-- Opening Marker --

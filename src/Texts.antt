-- ===== src/Texts.antt =====
-- The texts that libuv writes into a buffer of the caller: `getpath` of src/handles/fs_event.rs and
-- src/handles/fs_poll.rs, which ask for the size first, `gethostname` of src/misc/os.rs, and the
-- names of interfaces of src/net/misc.rs, which bring a buffer of a fixed size.
pub mod Laws
use libuv_rs.Common.{ℕ, ◌+◌, List, length, ltb, if◌then◌else◌, take}
use libuv_rs.Common.Int.{ℤ}
use libuv_rs.Error.{Error}
use libuv_rs.Memory.{Ptr}
use libuv_rs.Memory.Effect.{
  World, Fault, uv, Eff, pure, throw, crash, ◌>>=◌, ◌>>◌, attempt, Result, ok, err, Env, ask, uvret,
}
use libuv_rs.Buf.Storage.{isize_max}

pub data TextCall : Type 0 where
  uv_fs_event_getpath uv_fs_poll_getpath : (handle : Ptr) → TextCall
  uv_os_gethostname uv_cwd uv_cwd_null uv_exepath : TextCall
  uv_if_indextoname uv_if_indextoiid : (ifindex : ℕ) → TextCall

pub record UvText : Type 0 where
  -- The code, the size afterwards, and the bytes that stand in the buffer.
  pub uv_text : World → TextCall → (size : ℕ) → ℤ × ℕ × List ℕ
  pub uv_maxhostnamesize : ℕ
  pub uv_if_namesize : ℕ

-- `set_len(size + 1)` on a vector with that capacity, and the text up to the last byte: a fault
-- unless the vector has room for them and all of them were written.
unfoldable pub text_of : (capacity size : ℕ) → List ℕ → Eff (List ℕ)
text_of capacity size bytes =
    if ltb capacity (size + 1)
    then crash Fault.out_of_bounds
    else if ltb (length bytes) (size + 1)
    then crash Fault.uninitialised
    else pure (take size bytes)

module _ (env : Env) (libuv : UvText) where
  -- `Vec::with_capacity`, the call, and the text.
  unfoldable pub read_text : TextCall → (size : ℕ) → Eff (List ℕ)
  unfolding ask uvret text_of
  read_text c size = if ltb isize_max size then crash Fault.panic else (do
    answer ← ask (λ w. libuv.uv_text w c size)
    uvret env answer.0
    text_of size answer.1 answer.2)

  -- Every error but ENOBUFS ends `getpath`.
  abbrev pub size_of : ℕ → Result (Unit {0}) → Eff ℕ
  size_of size (ok _) = pure size
  size_of size (err (uv Error.enobufs)) = pure size
  size_of size (err e) = throw e

  -- The body of both `getpath`.
  unfoldable pub sized_text : TextCall → Eff (List ℕ)
  unfolding ask uvret read_text
  sized_text c = do
    answer ← ask (λ w. libuv.uv_text w c 0)
    result ← attempt (uvret env answer.0)
    size ← size_of answer.1 result
    read_text c size

  unfoldable pub fs_event_getpath : Ptr → Eff (List ℕ)
  unfolding sized_text
  fs_event_getpath handle = sized_text (uv_fs_event_getpath handle)

  unfoldable pub fs_poll_getpath : Ptr → Eff (List ℕ)
  unfolding sized_text
  fs_poll_getpath handle = sized_text (uv_fs_poll_getpath handle)

  unfoldable pub gethostname : Eff (List ℕ)
  unfolding read_text
  gethostname = read_text uv_os_gethostname libuv.uv_maxhostnamesize

  unfoldable pub if_indextoname : ℕ → Eff (List ℕ)
  unfolding read_text
  if_indextoname ifindex = read_text (uv_if_indextoname ifindex) libuv.uv_if_namesize

  unfoldable pub if_indexto_iid : ℕ → Eff (List ℕ)
  unfolding read_text
  if_indexto_iid ifindex = read_text (uv_if_indextoiid ifindex) libuv.uv_if_namesize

-- Closing Marker --

__What the task asks__
Set down the whole listing again, exactly as it was given.

__Written response__
filename src/Texts.antt
-- ===== src/Texts.antt =====
-- The texts that libuv writes into a buffer of the caller: `getpath` of src/handles/fs_event.rs and
-- src/handles/fs_poll.rs, which ask for the size first, `gethostname` of src/misc/os.rs, and the
-- names of interfaces of src/net/misc.rs, which bring a buffer of a fixed size.
pub mod Laws
use libuv_rs.Common.{ℕ, ◌+◌, List, length, ltb, if◌then◌else◌, take}
use libuv_rs.Common.Int.{ℤ}
use libuv_rs.Error.{Error}
use libuv_rs.Memory.{Ptr}
use libuv_rs.Memory.Effect.{
  World, Fault, uv, Eff, pure, throw, crash, ◌>>=◌, ◌>>◌, attempt, Result, ok, err, Env, ask, uvret,
}
use libuv_rs.Buf.Storage.{isize_max}

pub data TextCall : Type 0 where
  uv_fs_event_getpath uv_fs_poll_getpath : (handle : Ptr) → TextCall
  uv_os_gethostname uv_cwd uv_cwd_null uv_exepath : TextCall
  uv_if_indextoname uv_if_indextoiid : (ifindex : ℕ) → TextCall

pub record UvText : Type 0 where
  -- The code, the size afterwards, and the bytes that stand in the buffer.
  pub uv_text : World → TextCall → (size : ℕ) → ℤ × ℕ × List ℕ
  pub uv_maxhostnamesize : ℕ
  pub uv_if_namesize : ℕ

-- `set_len(size + 1)` on a vector with that capacity, and the text up to the last byte: a fault
-- unless the vector has room for them and all of them were written.
unfoldable pub text_of : (capacity size : ℕ) → List ℕ → Eff (List ℕ)
text_of capacity size bytes =
    if ltb capacity (size + 1)
    then crash Fault.out_of_bounds
    else if ltb (length bytes) (size + 1)
    then crash Fault.uninitialised
    else pure (take size bytes)

module _ (env : Env) (libuv : UvText) where
  -- `Vec::with_capacity`, the call, and the text.
  unfoldable pub read_text : TextCall → (size : ℕ) → Eff (List ℕ)
  unfolding ask uvret text_of
  read_text c size = if ltb isize_max size then crash Fault.panic else (do
    answer ← ask (λ w. libuv.uv_text w c size)
    uvret env answer.0
    text_of size answer.1 answer.2)

  -- Every error but ENOBUFS ends `getpath`.
  abbrev pub size_of : ℕ → Result (Unit {0}) → Eff ℕ
  size_of size (ok _) = pure size
  size_of size (err (uv Error.enobufs)) = pure size
  size_of size (err e) = throw e

  -- The body of both `getpath`.
  unfoldable pub sized_text : TextCall → Eff (List ℕ)
  unfolding ask uvret read_text
  sized_text c = do
    answer ← ask (λ w. libuv.uv_text w c 0)
    result ← attempt (uvret env answer.0)
    size ← size_of answer.1 result
    read_text c size

  unfoldable pub fs_event_getpath : Ptr → Eff (List ℕ)
  unfolding sized_text
  fs_event_getpath handle = sized_text (uv_fs_event_getpath handle)

  unfoldable pub fs_poll_getpath : Ptr → Eff (List ℕ)
  unfolding sized_text
  fs_poll_getpath handle = sized_text (uv_fs_poll_getpath handle)

  unfoldable pub gethostname : Eff (List ℕ)
  unfolding read_text
  gethostname = read_text uv_os_gethostname libuv.uv_maxhostnamesize

  unfoldable pub if_indextoname : ℕ → Eff (List ℕ)
  unfolding read_text
  if_indextoname ifindex = read_text (uv_if_indextoname ifindex) libuv.uv_if_namesize

  unfoldable pub if_indexto_iid : ℕ → Eff (List ℕ)
  unfolding read_text
  if_indexto_iid ifindex = read_text (uv_if_indextoiid ifindex) libuv.uv_if_namesize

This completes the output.